Su trabajo y trayectoria artística se la reconocen todos los estamentos del departamento del Huila, ayer cuando se conoció su deceso la solidaridad para sus familiares, empleados y amigos no se hizo esperar, tan pronto como el cuerpo salió a velación –hacia las nueve de la mañana- en funerales Los Olivos la gente empezó a llegar y por la tarde ya era toda una romería.

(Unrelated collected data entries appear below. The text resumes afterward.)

-- ===== src/Domain/Users/Validity.antt =====
-- What holds of a created user, and when a session counts.
use rag_anotacoes_sdd.Prelude.{
  ◌≤◌, ◌<◌, ◌≡◌, ◌≢◌, ◌↔◌, refl, false, true, none, ltb, any, length, [], arith, Uuid, Instant, ok,
}
use rag_anotacoes_sdd.Text.{Text, strip}
use rag_anotacoes_sdd.Text.Strip.{strip-strip}
use rag_anotacoes_sdd.Domain.Users.{
  User, Session, canonicalize_username, create, is_active, revoke, validate, default_policy,
}

pub record IsWellFormed (casefold : Text → Text) (u : User) : Type 0 where
  pub trimmed : strip u.username ≡ u.username
  pub long_enough : 3 ≤ length u.username
  pub short_enough : length u.username ≤ 64
  pub no_controls : any (λ character. ltb character 32) u.username ≡ false
  pub canonical : u.username_canonical ≡ canonicalize_username casefold u.username
  pub hashed : u.password_hash ≢ []

-- A created user has a trimmed name of 3 to 64 characters, none of them a control character below
-- U+0020, and a password hash, and its canonical name is that of the name that was asked for.
pub create-IsWellFormed :
    (casefold : Text → Text) (user_id : Uuid) (username password_hash : Text) (now : Instant)
    {u : User}
    → create casefold user_id username password_hash now ≡ ok u
    → IsWellFormed casefold u
      × (u.id ≡ user_id)
      × (u.username_canonical ≡ canonicalize_username casefold username)
unfolding create
create-IsWellFormed casefold user_id username password_hash now h =
    ground (arith, strip-strip username)

-- The policy accepts exactly the passwords of 12 to 128 characters.
pub validate-ok_iff :
    (password : Text)
    → (validate default_policy password ≡ ok tt)
      ↔ ((12 ≤ length password) × (length password ≤ 128))
unfolding validate
validate-ok_iff password = (λ h. ground arith, λ h. ground arith)

-- A session counts exactly before its expiry and while it is not revoked.
pub is_active_iff :
    (s : Session) (now : Instant)
    → (is_active s now ≡ true) ↔ ((s.revoked_at ≡ none) × (now < s.expires_at))
unfolding is_active
is_active_iff s now = (λ h. ground arith, λ h. ground arith)

pub is_active-revoke : (s : Session) (now later : Instant) → is_active (revoke s now) later ≡ false
unfolding is_active revoke
is_active-revoke s now later = refl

Los más cercanos amigos empezaron a recordar las noches de tuna en Peña Blanca y en el restaurante. Algunos tararearon las coplas que más le gustaban a Ulises. A continuación algunas de las coplas que según sus amigos y familiares eran las que más le gustan a Ulises Charry.

“Si ustedes quieren saber de qué murió la difunta, fue de comer tanta morcilla sin amarrarle la punta”.

“Antenoche tuve un sueño, anoche volví y soñé, soñé que me estaba miando hasta que por fin me mie”.

“Al médico Villamil lo vamos a coronar, con una corona de oro que del cielo a de bajar”.

“Por aquí comienzo yo porque yo canto hasta el fin, coplitas y rajaleñas para el doctor Villamil”.

“Los hermanos y mis primos me tienen aborrecido, porque no les traigo leña del palo que no ha nacido”.

“Anoche a la medianoche se me derramó en la estera, la plata de los bolsillos y usted que pensaba que era”.

“Cuando yo era mayordomo de misia Juana María, abajito del ombligo ahí era mi ranchería”.

“Cuando la muñeca quiere que el muñeco la divierta, le pone el baile en la casa con el músico en la puerta”.

“Que suban los liberales o los godos al poder, a mí me toca lo mismo siempre me toca moler”.